▸ Exercise requirements: Please give back word for word the lines of the material below between the line containing "-- No record under an id." and the line containing "now).1 ≡ nothing", inclusive.

▸ Task input:
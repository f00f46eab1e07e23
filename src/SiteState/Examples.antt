-- ===== src/SiteState/Examples.antt =====
-- A change of the pools after which nginx does not come up, on which the theorems about the
-- transaction are applied.
use hosting_control_panel.Common.{◌≡◌, refl, not, true, false, none, some, [], ◌∷◌, text_eq}
use hosting_control_panel.SiteState.Transaction.{
  Files, Rendered, Disk, Answers, failed, write_sites_map, write_pools, write, restored_file,
  restore, activate, apply_external, rolls_back, attempt, undone, apply_site_state_transaction,
}

abbrev before : Files
before = record { sites_map = 1 ∷ []; pools = 2 ∷ []; site_state = none; cache_map = some (3 ∷ []) }

abbrev wanted : Rendered
wanted = record { sites_map = 1 ∷ []; pools = 9 ∷ []; site_state = 8 ∷ []; cache_map = 3 ∷ [] }

abbrev works : Disk
works = record { sites_map = true; pools = true; site_state = true; cache_map = true }

-- nginx refuses the new pools only.
abbrev new_refused : Answers
new_refused = record {
  disk = works;
  validate = λ f. true;
  reload_php = λ f. true;
  reload_nginx = λ f. not (text_eq f.pools (9 ∷ []));
  verify_ports = λ pools. true;
  external = none;
}

-- The file of the pools cannot be written again.
abbrev stuck : Answers
stuck = record new_refused { disk = record works { pools = false } }

stuck-failed : (apply_site_state_transaction before (some wanted) new_refused stuck).1 ≡ failed
unfolding apply_site_state_transaction attempt undone write write_pools write_sites_map restore
    restored_file activate apply_external rolls_back text_eq
stuck-failed = refl
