-- ===== src/Vault.antt =====
-- The vault of credentials that are shown once (ui-manager/app/lib/one-time-vault.js).
pub mod Store
pub mod Once
pub mod Examples
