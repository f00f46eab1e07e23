-- ===== src/Vault/Store.antt =====
-- `OneTimeVault` of ui-manager/app/lib/one-time-vault.js. The cipher is a parameter, a value is the
-- text that `JSON.stringify` gives, and an object is a list of its properties.
use hosting_control_panel.Common.{
  ℕ, ◌+◌, ◌*◌, ◌≡◌, min, max, Bool, true, false, not, ◌&&◌, ◌||◌, Option, none, some, List, [], ◌∷◌,
  any, select, find, length, leb, ◌==◌, if◌then◌else◌, Text, text_eq,
}

-- AES-256-GCM with a key and an initialisation vector: the tag and the ciphertext. Opening fails on a
-- tag that does not fit.
pub record Cipher : Type 0 where
  pub seal : Text → Text → Text → Text × Text
  pub open_sealed : Text → Text → Text × Text → Option Text

pub record IsCipher (c : Cipher) : Type 0 where
  pub opens : (key iv value : Text) → c.open_sealed key iv (c.seal key iv value) ≡ some value

pub record Sealed : Type 0 where
  pub id : Text
  pub owner : Text
  pub created_at : ℕ
  pub expires_at : ℕ
  pub iv : Text
  pub sealed : Text × Text

-- `stored` is what the file of the vault holds.
pub record Vault : Type 0 where
  pub ttl_ms : ℕ
  pub key : Text
  pub records : List Sealed
  pub stored : List Sealed

-- `boundedTtl(value)`, of a number that may be missing.
unfoldable pub bounded_ttl : Option ℕ → ℕ
bounded_ttl none = 24 * 3600000
bounded_ttl (some hours) = min (max (if hours == 0 then 24 else hours) 1) 168 * 3600000

abbrev pub persist : Vault → Vault
persist v = record v { stored = v.records }

abbrev pub expired : ℕ → Sealed → Bool
expired now r = leb r.expires_at now

-- `prune()`
unfoldable pub prune : Vault → ℕ → Vault
unfolding any select
prune v now =
    if any (expired now) v.records
    then persist (record v { records = select (λ r. not (expired now r)) v.records })
    else v

abbrev is_id_unit : ℕ → Bool
is_id_unit c = (leb 48 c && leb c 57) || (leb 97 c && leb c 102) || (c == b'-')

-- `/^[0-9a-f-]{36}$/`
unfoldable pub valid_id : Text → Bool
unfolding any
valid_id s = (length s == 36) && not (any (λ c. not (is_id_unit c)) s)

-- `records[id] = record`: a property that is there keeps its place.
unfoldable pub assign : Sealed → List Sealed → List Sealed
assign r [] = r ∷ []
assign r (s ∷ ss) = let rest = assign r ss in if text_eq s.id r.id then r ∷ ss else s ∷ rest

abbrev pub has_id : Text → Sealed → Bool
has_id id r = text_eq r.id id

-- `records[id]`
unfoldable pub lookup : Vault → Text → Option Sealed
unfolding find
lookup v id = find (has_id id) v.records

-- `delete records[id]`
unfoldable pub delete : Text → List Sealed → List Sealed
unfolding select
delete id rs = select (λ r. not (has_id id r)) rs

-- `put(id, owner, value)`: the vault and the expiry, or `none` where it throws.
unfoldable pub put : Cipher → Vault → Text → Text → Text → Text → ℕ → Option (Vault × ℕ)
unfolding valid_id assign
put cipher v id owner value iv now =
    if valid_id id
    then some (
      persist (record v {
        records =
            assign
              (record {
                id = id;
                owner = owner;
                created_at = now;
                expires_at = now + v.ttl_ms;
                iv = iv;
                sealed = cipher.seal v.key iv value;
              })
              v.records;
      }),
      now + v.ttl_ms,
    )
    else none

-- `has(id, owner)`
unfoldable pub has : Vault → Text → Text → ℕ → Vault × Bool
unfolding prune lookup
has v id owner now =
    let v' = prune v now in
    (v', elim (lookup v' id) [ none ↦ false | some r ↦ text_eq r.owner owner ])

-- What `take` answers: `null`, the value, or an error of the cipher.
pub data Taken : Type 0 where
  nothing broken : Taken
  value : Text → Taken

-- `take(id, owner)`
unfoldable pub take_secret : Cipher → Vault → Text → Text → ℕ → Vault × Taken
unfolding prune lookup delete
take_secret cipher v id owner now =
    let v' = prune v now in
    elim (lookup v' id) [
      | none ↦ (v', nothing)
      | some r ↦
          if not (text_eq r.owner owner)
          then (v', nothing)
          else elim (cipher.open_sealed v'.key r.iv r.sealed) [
            | none ↦ (v', broken)
            | some plain ↦ (persist (record v' { records = delete id v'.records }), value plain)
          ]
    ]

-- `remove(id)`
unfoldable pub remove : Vault → Text → Vault × Bool
unfolding lookup delete
remove v id = elim (lookup v id) [
  | none ↦ (v, false)
  | some r ↦ (persist (record v { records = delete id v.records }), true)
]
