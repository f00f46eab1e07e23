-- ===== src/Vault/Once.antt =====
-- Who gets a secret out of the vault of ui-manager/app/lib/one-time-vault.js, and how often.
use hosting_control_panel.Common.{
  ℕ, ◌+◌, ◌≡◌, ◌<◌, refl, sym, ap, subst, ◌∙◌, Bool, true, false, not, none, some, List, [], ◌∷◌,
  select, find, Text, text_eq, text_eq_sound, text_eq_refl, Bool-cases, Option-cases, inl, inr,
  arith,
}
use hosting_control_panel.Vault.Store.{
  Cipher, IsCipher, Sealed, Vault, expired, prune, valid_id, assign, has_id, lookup, delete, put,
  nothing, value, take_secret, persist,
}

-- No record under an id.
abbrev Lacks : Text → List Sealed → Type 0
Lacks id rs = find (has_id id) rs ≡ none

Lacks-delete : (id : Text) (rs : List Sealed) → Lacks id (delete id rs)
unfolding delete select find
Lacks-delete id [] = refl
Lacks-delete id (r ∷ rs) = ground (arith, Lacks-delete id rs)

Lacks-select :
    (id : Text) (p : Sealed → Bool) (rs : List Sealed) → Lacks id rs → Lacks id (select p rs)
unfolding select find
Lacks-select id p [] h = refl
Lacks-select id p (r ∷ rs) h = ground (arith, h, Lacks-select id p rs)

Lacks-prune :
    (id : Text) (v : Vault) (now : ℕ) → Lacks id v.records → Lacks id (prune v now).records
unfolding prune
Lacks-prune id v now h = ground (arith, h, Lacks-select id (λ r. not (expired now r)) v.records)

take_secret-Lacks :
    (cipher : Cipher) (v : Vault) (id owner : Text) (now : ℕ)
    → Lacks id v.records
    → (take_secret cipher v id owner now).1 ≡ nothing
unfolding take_secret lookup
take_secret-Lacks cipher v id owner now h = rw (Lacks-prune id v now h, take_secret)

-- What a successful take was given: the record of the id, the owner's and not expired.
record Held (cipher : Cipher) (v : Vault) (id owner : Text) (now : ℕ) (v' : Vault) (plain : Text)
    : Type 0 where
  sealed_record : Sealed
  found : find (has_id id) (prune v now).records ≡ some sealed_record
  owned : sealed_record.owner ≡ owner
  opened : cipher.open_sealed (prune v now).key sealed_record.iv sealed_record.sealed ≡ some plain
  left : v'.records ≡ delete id (prune v now).records

take_secret-Held :
    (cipher : Cipher) (v : Vault) (id owner : Text) (now : ℕ) {v' : Vault} {plain : Text}
    → take_secret cipher v id owner now ≡ (v', value plain)
    → Held cipher v id owner now v' plain
unfolding take_secret lookup
take_secret-Held cipher v id owner now e =
    elim (Option-cases (find (has_id id) (prune v now).records)) [
      | inl missing ↦ absurd (ground (arith, missing, e))
      | inr (r, there) ↦ elim (Bool-cases (text_eq r.owner owner)) [
        | inr other ↦ absurd (ground (arith, there, other, e))
        | inl same ↦ elim (Option-cases (cipher.open_sealed (prune v now).key r.iv r.sealed)) [
          | inl shut ↦ absurd (ground (arith, there, same, shut, e))
          | inr (p, clear) ↦ record {
            sealed_record = r;
            found = there;
            owned = text_eq_sound r.owner owner same;
            opened = ground (arith, there, same, clear, e);
            left = ground (arith, there, same, clear, e);
          }
        ]
      ]
    ]

-- A secret is taken at most once: after a take that gave a value, a take of the same id gives nothing,
-- whoever asks and whenever.
pub take_once :
    (cipher : Cipher) (v : Vault) (id owner owner' : Text) (now now' : ℕ) {v' : Vault}
    {plain : Text}
    → take_secret cipher v id owner now ≡ (v', value plain)
    → (take_secret cipher v' id owner' now').1 ≡ nothing
take_once cipher v id owner owner' now now' {v'} e =
    let held = take_secret-Held cipher v id owner now e in
    take_secret-Lacks cipher v' id owner' now'
      (ap (find (has_id id)) held.left ∙ Lacks-delete id (prune v now).records)

find-assign : (r : Sealed) (rs : List Sealed) → find (has_id r.id) (assign r rs) ≡ some r
unfolding assign find
find-assign r [] = rw (text_eq_refl r.id)
find-assign r (s ∷ ss) = ground (arith, text_eq_refl r.id, find-assign r ss)

find-select :
    (p q : Sealed → Bool) (rs : List Sealed) {r : Sealed}
    → find p rs ≡ some r
    → q r ≡ true
    → find p (select q rs) ≡ some r
unfolding find select
find-select p q [] h k = h
find-select p q (s ∷ ss) {r} h k = elim (Bool-cases (p s)) [
  | inl t ↦
      let e : s ≡ r = ground (arith, t, h) in
      let kept : q s ≡ true = subst (λ x. q x ≡ true) (sym e) k in ground (arith, t, kept, e)
  | inr f ↦
      let rest : find p (select q ss) ≡ some r = find-select p q ss (ground (arith, f, h)) k in
      ground (arith, f, rest)
]

find-prune :
    (id : Text) (v : Vault) (now : ℕ) {r : Sealed}
    → find (has_id id) v.records ≡ some r
    → expired now r ≡ false
    → find (has_id id) (prune v now).records ≡ some r
unfolding prune
find-prune id v now h k =
    ground (arith, h, find-select (has_id id) (λ r. not (expired now r)) v.records h (rw k))

prune_key : (v : Vault) (now : ℕ) → (prune v now).key ≡ v.key
unfolding prune
prune_key v now = ground arith

take_secret-finds :
    (cipher : Cipher) (v : Vault) (id : Text) (now : ℕ) (r : Sealed) {plain : Text}
    → find (has_id id) v.records ≡ some r
    → expired now r ≡ false
    → cipher.open_sealed v.key r.iv r.sealed ≡ some plain
    → (take_secret cipher v id r.owner now).1 ≡ value plain
unfolding lookup take_secret
take_secret-finds cipher v id now r there fresh clear =
    rw (take_secret, find-prune id v now there fresh, text_eq_refl r.owner, prune_key v now, clear)

abbrev sealed_as : Cipher → Vault → Text → Text → Text → Text → ℕ → Sealed
sealed_as cipher v id owner plain iv now = record {
  id = id;
  owner = owner;
  created_at = now;
  expires_at = now + v.ttl_ms;
  iv = iv;
  sealed = cipher.seal v.key iv plain;
}

-- A secret that was put is there for its owner until it expires: the first take before that gives
-- exactly the value. The cipher opens what it sealed.
pub put_take :
    (cipher : Cipher)
    → IsCipher cipher
    → (v : Vault) (id owner plain iv : Text) (now now' : ℕ) → valid_id id ≡ true
    → now' < now + v.ttl_ms
    → (v' : Vault) × (put cipher v id owner plain iv now ≡ some (v', now + v.ttl_ms))
      × ((take_secret cipher v' id owner now').1 ≡ value plain)
unfolding put
put_take cipher law v id owner plain iv now now' good before =
    let r = sealed_as cipher v id owner plain iv now in
    let v' = persist (record v { records = assign r v.records }) in
    (
      v',
      rw (good) refl,
      take_secret-finds cipher v' id now' r (find-assign r v.records) (ground (arith, before))
          (law.opens v.key iv plain),
    )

▸ Response:
-- No record under an id.
abbrev Lacks : Text → List Sealed → Type 0
Lacks id rs = find (has_id id) rs ≡ none

Lacks-delete : (id : Text) (rs : List Sealed) → Lacks id (delete id rs)
unfolding delete select find
Lacks-delete id [] = refl
Lacks-delete id (r ∷ rs) = ground (arith, Lacks-delete id rs)

Lacks-select :
    (id : Text) (p : Sealed → Bool) (rs : List Sealed) → Lacks id rs → Lacks id (select p rs)
unfolding select find
Lacks-select id p [] h = refl
Lacks-select id p (r ∷ rs) h = ground (arith, h, Lacks-select id p rs)

Lacks-prune :
    (id : Text) (v : Vault) (now : ℕ) → Lacks id v.records → Lacks id (prune v now).records
unfolding prune
Lacks-prune id v now h = ground (arith, h, Lacks-select id (λ r. not (expired now r)) v.records)

take_secret-Lacks :
    (cipher : Cipher) (v : Vault) (id owner : Text) (now : ℕ)
    → Lacks id v.records
    → (take_secret cipher v id owner now).1 ≡ nothing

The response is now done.